If your first inclination is to avoid a mortgage altogether, consider how much you can earn if those dollars are instead invested in a diversified portfolio.

It’s a simple comparison between your after-tax interest expense and the expected return on your portfolio. Most of our clients expect a portfolio return higher than 50% of their mortgage interest expense. In the 6% interest rate example, the portfolio return hurdle is just 3% after-tax, an easy bar to beat even for conservative investors. This example assumes you are in the top federal and state tax bracket.

3. Conservatively Turbo-Charge Your Wealth with an Interest-Only ARM (Adjustable-Rate Mortgage)

If you like this strategy so far, you can double down on it by holding a mortgage indefinitely, or at least while you’re in a high tax bracket. An interest-only mortgage locks in a rate for a fixed period (such as 5, 7, or 10 years), requires no principal paydown during the stated term, and generally carries a lower interest rate than a traditional 30-year mortgage. This type of loan provides the most bang for your buck when you use a loan as arbitrage. As with most mortgages, you’re not locked in if you have second thoughts—you can always pay down the loan. Just check with the lender about any prepayment penalties that may be in effect.

4. Stay Liquid

If you use the dollars that would have gone into your home to invest in a taxable brokerage account (rather than a retirement account) holding publicly traded funds, stocks, and ETFs, you can sell these holdings within a day or two to free up cash if you need it. This can be helpful if you need cash for an unforeseen expense. Equity in your home can take much longer and is often more difficult to access.

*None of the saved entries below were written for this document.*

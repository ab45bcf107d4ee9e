-- ===== src/Bgp/Inverse.antt =====
-- What is written to a packet is read back: writing (Write, Put, Session), reading (Fields, Start, Read,
-- Load, Receive), both (RoundTrip), and the same for open messages (Open).
pub mod Write
pub mod Put
pub mod Read
pub mod Fields
pub mod Start
pub mod Session
pub mod Load
pub mod Receive
pub mod RoundTrip
pub mod Open
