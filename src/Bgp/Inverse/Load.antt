-- ===== src/Bgp/Inverse/Load.antt =====
-- `setbgpread_r` on a packet that fits the embedded buffer.
use isocore.Base.{
  ℕ, ◌≤◌, ◌≡◌, refl, sym, ap, arith, Bool, true, false, List, [], ◌++◌, none, some, length, drop,
  replicate, if◌then◌else◌, append-nil, leb, ltb,
}
use isocore.Base.Bytes.{write_bytes}
use isocore.Bgp.{
  Msg, OpenFlags, no_flags, enoerr, Alloc, step, bind_option, if_true, if_false, given_some,
}
use isocore.Bgp.Packet.{setbgpread_r, share_packet, copy_packet, fastbuf, bgpbufsiz}

-- The message once `setbgpread_r` has the packet.
pub record Loaded (bytes : List ℕ) (o : OpenFlags) (m m' : Msg) : Type 0 where
  pub tail : List ℕ
  pub buf : m'.buf ≡ bytes ++ tail
  pub flags : m'.flags ≡ record no_flags {
    sh = o.nocopy;
    rd = true;
    asn32bit = o.use_asn32bit;
    addpath = o.use_addpath;
  }
  pub ok : m'.err ≡ enoerr
  pub whole : m'.pktlen ≡ length bytes
  pub pfxbuf : m'.pfxbuf ≡ m.pfxbuf

abbrev entered : List ℕ → OpenFlags → Msg → Msg
entered bytes o m = record m {
  flags = record no_flags { rd = true; asn32bit = o.use_asn32bit; addpath = o.use_addpath };
  err = enoerr;
  pktlen = length bytes;
  bufsiz = length bytes;
}

shared : List ℕ → OpenFlags → Msg → Msg
shared bytes o m = record (entered bytes o m) {
  buf = bytes;
  fast = false;
  spare = fastbuf m;
  flags = record (entered bytes o m).flags { sh = true };
  offtab = replicate 16 0;
}

if_leb : {A : Type 0} (a : A) (n : ℕ) → n ≤ 65535 → (if leb n 65535 then some a else none) ≡ some a
if_leb a n h = ground arith

copy_packet_lem :
    (bytes block : List ℕ) (m : Msg)
    → length bytes ≤ length block
    → copy_packet true bytes (some block) m
      ≡ some (
        enoerr,
        record m {
          buf = bytes ++ drop (length bytes) block;
          fast = true;
          spare = fastbuf m;
          offtab = replicate 16 0;
        },
      )
unfolding copy_packet write_bytes
copy_packet_lem bytes block m h = ground arith

pub setbgpread_r_lem :
    (alloc : Alloc) (bytes : List ℕ) (o : OpenFlags) (m : Msg)
    → length (fastbuf m) ≡ 4096
    → length bytes ≤ 4096
    → (b : Bool) → o.nocopy ≡ b
    → (m' : Msg) × (setbgpread_r alloc bytes o m ≡ some (enoerr, m')) × Loaded bytes o m m'
unfolding setbgpread_r share_packet bind_option shared
setbgpread_r_lem alloc bytes o m h small true e = (
  shared bytes o m,
  step _ (given_some _ m (if_leb tt (length bytes) (omega arith))) (if_true o.nocopy _ _ _ e refl),
  record {
    tail = [];
    buf = sym (append-nil bytes);
    flags =
        ap
          (λ b. record no_flags {
            sh = b;
            rd = true;
            asn32bit = o.use_asn32bit;
            addpath = o.use_addpath;
          })
          (sym e);
    ok = refl;
    whole = refl;
    pfxbuf = refl;
  },
)
setbgpread_r_lem alloc bytes o m h small false e = (
  _,
  step _ (given_some _ m (if_leb tt (length bytes) (omega arith))) (
      if_false o.nocopy _ _ _ e (
        if_false (ltb bgpbufsiz (length bytes)) _ _ (entered bytes o m) (ground arith)
          (copy_packet_lem bytes (fastbuf m) (entered bytes o m) (omega arith)))),
  record {
    tail = drop (length bytes) (fastbuf m);
    buf = refl;
    flags =
        ap
          (λ b. record no_flags {
            sh = b;
            rd = true;
            asn32bit = o.use_asn32bit;
            addpath = o.use_addpath;
          })
          (sym e);
    ok = refl;
    whole = refl;
    pfxbuf = refl;
  },
)
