-- ===== src/Bgp/Open.antt =====
-- Open messages (src/bgp.c): the fixed fields and the capabilities in the optional parameters.
use isocore.Base.{
  ℕ, zero, suc, ◌+◌, ◌%◌, true, false, ltb, leb, ◌==◌, if◌then◌else◌, List, [], ◌∷◌, Option, none,
  some, length, get_elem?,
}
use isocore.Base.Bytes.{read_bytes, big16}
use isocore.Bgp.{
  Err, enoerr, einvop, ebadparamlen, M, ◌>>=◌, ◌>>◌, return, access, gets, modify, check_flags,
  check_type, any_flags, bgp_open, version_offset, hold_time_offset, my_as_offset, iden_offset,
  params_length_offset, params_offset,
}
use isocore.Bgp.Fields.{load16, store}
use isocore.Bgp.Pending.{endpending}

-- `bgp_open_t`; the identifier is kept as its four bytes.
pub record OpenMsg : Type 0 where
  pub version : ℕ
  pub hold_time : ℕ
  pub my_as : ℕ
  pub iden : List ℕ

-- `getbgpopen_r`
unfoldable pub getbgpopen_r : M (Option OpenMsg)
getbgpopen_r =
    check_type bgp_open (λ f. f.rd) (λ _. none)
      do
        version ← access (λ m. get_elem? m.buf version_offset)
        hold_time ← access (load16 hold_time_offset)
        my_as ← access (load16 my_as_offset)
        iden ← access (λ m. read_bytes m.buf iden_offset 4)
        return
            (some (record { version = version; hold_time = hold_time; my_as = my_as; iden = iden }))

-- `setbgpopen_r`
unfoldable pub setbgpopen_r : OpenMsg → M Err
setbgpopen_r op =
    check_type bgp_open (λ f. f.wr) (λ e. e)
      do
        store version_offset (op.version ∷ [])
        store hold_time_offset (big16 op.hold_time)
        store my_as_offset (big16 op.my_as)
        store iden_offset op.iden
        return enoerr

-- `getbgpparams_r`: the offset of the parameters and their length, or NULL.
unfoldable pub getbgpparams_r : M (Option (ℕ × ℕ))
getbgpparams_r =
    check_type bgp_open any_flags (λ _. none)
      do n ← access (λ m. get_elem? m.buf params_length_offset); return (some (params_offset, n))

-- `PARAM_LENGTH_OFFSET`, the offset of the length inside of a parameter.
abbrev pub param_length_offset : ℕ
param_length_offset = 1

-- `setbgpparams_r`: it stores the length at `buf[PARAM_LENGTH_OFFSET]`.
unfoldable pub setbgpparams_r : List ℕ → M Err
setbgpparams_r bytes =
    check_type bgp_open (λ f. f.wr) (λ e. e)
      do
        let n = length bytes
        if ltb 255 n then (do modify (λ m. record m { err = einvop }); return einvop) else (do
          store param_length_offset (n ∷ [])
          store params_offset bytes
          modify (λ m. record m { pktlen = params_offset + n })
          return enoerr)

-- NULL is offset 0.
abbrev pointer_of : Option (ℕ × ℕ) → ℕ
pointer_of none = 0
pointer_of (some (ptr, n)) = ptr

-- `startbgpcaps_r`
unfoldable pub startbgpcaps_r : M Err
startbgpcaps_r =
    check_type bgp_open any_flags (λ e. e)
      do
        endpending
        modify (λ m. record m { flags = record m.flags { pm = true } })
        p ← getbgpparams_r
        let start = pointer_of p
        modify (λ m. record m { params = start; pptr = start })
        return enoerr

-- `bgpcap_t`
pub record Cap : Type 0 where
  pub code : ℕ
  pub len : ℕ
  pub content : List ℕ

-- `putbgpcap_r`; the header of the parameter is written before the size is checked.
unfoldable pub putbgpcap_r : Cap → M Err
putbgpcap_r cap =
    check_flags (λ f. if f.wr then f.pm else false) (λ e. e)
      do
        ptr ← gets (λ m. m.pptr)
        params ← gets (λ m. m.params)
        ptr' ←
            if ptr == params
            then (do
              store ptr (2 ∷ 0 ∷ [])
              modify (λ m. record m { pktlen = (m.pktlen + 2) % 65536 })
              return (ptr + 2))
            else return ptr
        let n = 2 + cap.len
        if ltb 255 n then (do modify (λ m. record m { err = einvop }); return einvop) else (do
          bs ← access (λ _. read_bytes (cap.code ∷ cap.len ∷ cap.content) 0 n)
          store ptr' bs
          modify (λ m. record m { pktlen = (m.pktlen + n) % 65536; pptr = ptr' + n })
          return enoerr)

-- What the loop of `nextbgpcap_r` leaves: a capability parameter was found at the pointer, or the
-- parameters are over, with or without an error.
pub data Scan : Type 0 where
  found : ℕ → ℕ → ℕ → Scan
  over : ℕ → Scan
  overrun : ℕ → Scan

-- The loop of `nextbgpcap_r` over `ptr`, `msg->params` and `end`, on fuel; `none` is a read out of
-- range or a lack of fuel. While it runs, `ptr` and `msg->params` are equal on entry, so it goes on
-- as long as parameters are skipped.
unfoldable pub skip_params : ℕ → List ℕ → ℕ → ℕ → ℕ → Option Scan
skip_params zero buf limit ptr end = none
skip_params (suc fuel) buf limit ptr end =
    let rest : Option Scan = elim (get_elem? buf (end + 1)) [
      | none ↦ none
      | some n ↦ skip_params fuel buf limit end (end + 2 + n)
    ] in
    if leb limit ptr
    then (if ltb limit ptr then some (overrun ptr) else some (over ptr))
    else (elim (get_elem? buf ptr) [
      | none ↦ none
      | some code ↦ if code == 2 then some (found (ptr + 2) end ptr) else rest
    ])

-- The last check of `nextbgpcap_r`: the capability lies within its parameter.
unfoldable pub take_cap : ℕ → ℕ → M (Option ℕ)
take_cap ptr end = do
  n ← access (λ m. get_elem? m.buf (ptr + 1))
  if ltb end (ptr + n + 2)
      then (do modify (λ m. record m { err = ebadparamlen }); return none)
      else (do modify (λ m. record m { pptr = ptr + 2 + n }); return (some ptr))

-- `nextbgpcap_r`: the offset of the next capability, or NULL. When the current parameter is used up
-- (`ptr == end`), `end` stays where that parameter ends.
unfoldable pub nextbgpcap_r : M (Option ℕ)
nextbgpcap_r =
    check_flags (λ f. if f.rd then f.pm else false) (λ _. none)
      do
        p ← getbgpparams_r
        (base, n) ← access (λ _. p)
        let limit = base + n
        params ← gets (λ m. m.params)
        plen ← access (λ m. get_elem? m.buf (params + 1))
        let end = params + 2 + plen
        ptr ← gets (λ m. m.pptr)
        modify (λ m. record m { params = if ptr == end then end else params })
        if ptr == (if ptr == end then end else params)
            then (do
              s ← access (λ m. skip_params 256 m.buf limit ptr end)
              elim s [
                | found ptr' end' at ↦ (do
                  modify (λ m. record m { params = at })
                  take_cap ptr' end')
                | over at ↦ (do modify (λ m. record m { params = at }); return none)
                | overrun at ↦ (do
                  modify (λ m. record m { params = at; err = ebadparamlen })
                  return none)
              ])
            else take_cap ptr end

Be Mindful of Short-Term Investment Risk

The largest risk associated with investing your excess cash is the inherent uncertainty that comes from investing in the market. Especially in the short term. That’s why we always recommend that clients hold an emergency cash reserve of three-to-six months of living expenses.

Performance is never guaranteed, and even the highest-performing assets will underperform at some point. However, without uncertainty, there would be little return (consider the low returns of short-term U.S. bonds). With a long time horizon and a risk-appropriate portfolio, adding surplus cash (not needed for at least five years) to your portfolio is expected to beat what might be a feel-good move to pay down your mortgage or pay cash to buy a home. Here is where a professional advisor comes in, keeping you invested and on track to achieve your goals when the market is volatile.

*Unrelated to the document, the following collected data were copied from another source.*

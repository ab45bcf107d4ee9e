-- ===== src/Bgp/Inverse/Open.antt =====
-- Writing an open message and reading its fixed fields back.
use isocore.Base.{
  ℕ, ◌<◌, ◌≡◌, refl, arith, true, false, List, [], ◌∷◌, ◌++◌, some, length, drop, replicate,
  length-drop,
}
use isocore.Base.Bytes.{read_bytes, big16, from_big-big16}
use isocore.Bgp.{
  Msg, OpenFlags, no_flags, enoerr, step, bind_option, check_flags_ok, access-some, bgp_open,
  bgp_marker,
}
use isocore.Bgp.Fields.{load16}
use isocore.Bgp.Packet.{setbgpwrite_r, fastbuf, bgpfinish_r, bgpbufsiz}
use isocore.Bgp.Open.{OpenMsg, getbgpopen_r, setbgpopen_r}
use isocore.Bgp.Inverse.Fields.{check_type_ok, endpending_none}
use isocore.Bgp.Inverse.Write.{store_lem}

module _ (o : OpenFlags) (m : Msg) (whole : length (fastbuf m) ≡ 4096) where
  -- The message with a buffer that starts with some bytes.
  abbrev at_front : List ℕ → Msg
  at_front bs = record m {
    flags = record no_flags { wr = true; asn32bit = o.use_asn32bit; addpath = o.use_addpath };
    pktlen = 29;
    bufsiz = bgpbufsiz;
    err = enoerr;
    buf = bs;
    fast = true;
  }

  abbrev rest : List ℕ
  rest = drop 13 (drop 16 (fastbuf m))

  abbrev header : List ℕ → List ℕ
  header bs = bgp_marker ++ bs

  abbrev fixed : ℕ → List ℕ → List ℕ → List ℕ → List ℕ
  fixed v asn hold iden = header (0 ∷ 0 ∷ 1 ∷ v ∷ (asn ++ (hold ++ (iden ++ (0 ∷ rest)))))

  abbrev none2 : List ℕ
  none2 = 0 ∷ 0 ∷ []

  abbrev none4 : List ℕ
  none4 = 0 ∷ 0 ∷ 0 ∷ 0 ∷ []

  opened_lem : setbgpwrite_r bgp_open o m ≡ some (enoerr, at_front (fixed 0 none2 none2 none4))
  unfolding setbgpwrite_r bind_option
  opened_lem = step _ (store_lem 0 bgp_marker (at_front (fastbuf m)) (omega arith)) (
      step _
        (store_lem 16 (replicate 13 0) (at_front (header (drop 16 (fastbuf m))))
          (omega (arith, length-drop 16 (fastbuf m))))
        (step _ (store_lem 18 (1 ∷ []) (at_front (header (replicate 13 0 ++ rest))) (omega arith))
          refl))

  module _ (v my_as hold_time a b c d : ℕ) where
    abbrev op : OpenMsg
    op = record { version = v; hold_time = hold_time; my_as = my_as; iden = a ∷ b ∷ c ∷ d ∷ [] }

    abbrev written : Msg
    written = at_front (fixed v (big16 my_as) (big16 hold_time) op.iden)

    setbgpopen_r_lem :
        setbgpopen_r op (at_front (fixed 0 none2 none2 none4)) ≡ some (enoerr, written)
    unfolding setbgpopen_r bind_option
    setbgpopen_r_lem =
        check_type_ok bgp_open (λ f. f.wr) _ _ (at_front (fixed 0 none2 none2 none4)) refl refl refl
          (step _ (store_lem 19 (v ∷ []) (at_front (fixed 0 none2 none2 none4)) (omega arith)) (
            step _
              (store_lem 22 (big16 hold_time) (at_front (fixed v none2 none2 none4)) (omega arith))
              (step _
                (store_lem 20 (big16 my_as) (at_front (fixed v none2 (big16 hold_time) none4))
                  (omega arith))
                (step _
                  (store_lem 24 op.iden (at_front (fixed v (big16 my_as) (big16 hold_time) none4))
                    (omega arith))
                  refl))))

    abbrev sent : Msg
    sent = record written {
      buf = header (0 ∷ 29 ∷ 1 ∷ v ∷ (big16 my_as ++ (big16 hold_time ++ (op.iden ++ (0 ∷ rest)))));
      offtab = replicate 16 0;
      flags = record written.flags { wr = false; rd = true };
    }

    bgpfinish_r_lem : bgpfinish_r written ≡ some (some (sent.buf, 29), sent)
    unfolding bgpfinish_r bind_option
    bgpfinish_r_lem = check_flags_ok _ _ _ written refl refl (
        step _ (endpending_none written refl)
          (step _ (store_lem 16 (big16 29) written (omega arith)) refl))

    load_hold_time : hold_time < 65536 → load16 22 sent ≡ some hold_time
    unfolding load16 read_bytes
    load_hold_time h = ground (arith, from_big-big16 hold_time h)

    load_my_as : my_as < 65536 → load16 20 sent ≡ some my_as
    unfolding load16 read_bytes
    load_my_as h = ground (arith, from_big-big16 my_as h)

    load_iden : read_bytes sent.buf 24 4 ≡ some op.iden
    unfolding read_bytes
    load_iden = ground arith

    getbgpopen_r_lem : my_as < 65536 → hold_time < 65536 → getbgpopen_r sent ≡ some (some op, sent)
    unfolding getbgpopen_r bind_option
    getbgpopen_r_lem ha hh =
        check_type_ok bgp_open (λ f. f.rd) _ _ sent refl refl refl
          (step _ (access-some (load16 22) sent (load_hold_time hh)) (
            step _ (access-some (load16 20) sent (load_my_as ha))
              (step _ (access-some (λ m'. read_bytes m'.buf 24 4) sent load_iden) refl)))

    -- The fields of an open message are read back from the finished packet: `setbgpwrite_r`,
    -- `setbgpopen_r`, `bgpfinish_r` and `getbgpopen_r` on one message whose embedded buffer has 4096
    -- bytes, for 16-bit numbers and an identifier of four bytes. The packet has 29 bytes.
    pub open_round_trip :
        my_as < 65536
        → hold_time < 65536
        → (m' : Msg) × (setbgpwrite_r bgp_open o m ≡ some (enoerr, m'))
          × (m'' : Msg) × (setbgpopen_r op m' ≡ some (enoerr, m''))
          × (sent : Msg) × (bgpfinish_r m'' ≡ some (some (sent.buf, 29), sent))
          × (getbgpopen_r sent ≡ some (some op, sent))
    open_round_trip ha hh =
        (_, opened_lem, _, setbgpopen_r_lem, _, bgpfinish_r_lem, getbgpopen_r_lem ha hh)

Shop Around for Low Interest Rates 

Most people start their mortgage shopping by looking for a low-cost loan. If you have a bank or brokerage relationship with a custodian such as Schwab, you may qualify for a discount of up to 1.00% off mortgage interest rates, based on the size of your portfolio.

If you already have a low mortgage interest rate (which means you likely secured your mortgage prior to 2022), consider yourself lucky. Those loans can’t be purchased today and are thus inherently valuable.

The time value of money is at work as well, and the payments made in the later years of the loan are much less expensive than the value of those payments today.

Unlike using a margin loan to borrow against your investment portfolio—it’s expensive and not tax deductible—a mortgage loan has a fixed rate, which is an attractive tax benefit for those in the top tax brackets.

If you’re tempted to park your cash in your home by either paying down your mortgage faster than required or by paying cash outright, consider the long-term benefits of diverting those dollars into your portfolio and holding a mortgage.

Wealth Management at Mission Wealth

Whether to use your excess cash to invest in a diversified portfolio or pay off your mortgage is just one of the many questions we help our clients answer. Our detail-oriented approach to financial planning and investment management enables us to generate and preserve wealth for our clients, especially tech and HR executives. We also specialize in working with Googlers.

For more information about our creative wealth management strategies, schedule an introductory meeting today.

About the Author

Joyce L. Franklin, CPA, CFP® is a Partner and Senior Wealth Advisor at Mission Wealth. She advises employees and executives in tech and human resources on wealth management, tax, and financial planning. She designs, implements, and monitors financial plans, coordinating each client’s goals, values, and risk tolerance.

Financial Guidance For Your Life Journey

Talk with a financial planner about your next steps.
Contact Us Today

Guidance For Your Full Financial Journey

Through our comprehensive platform and expertise, Mission Wealth can guide you through all of life's events, including retirement, investment planning, family planning, and more. You will face many financial decisions. Let us guide you through your options and create a plan.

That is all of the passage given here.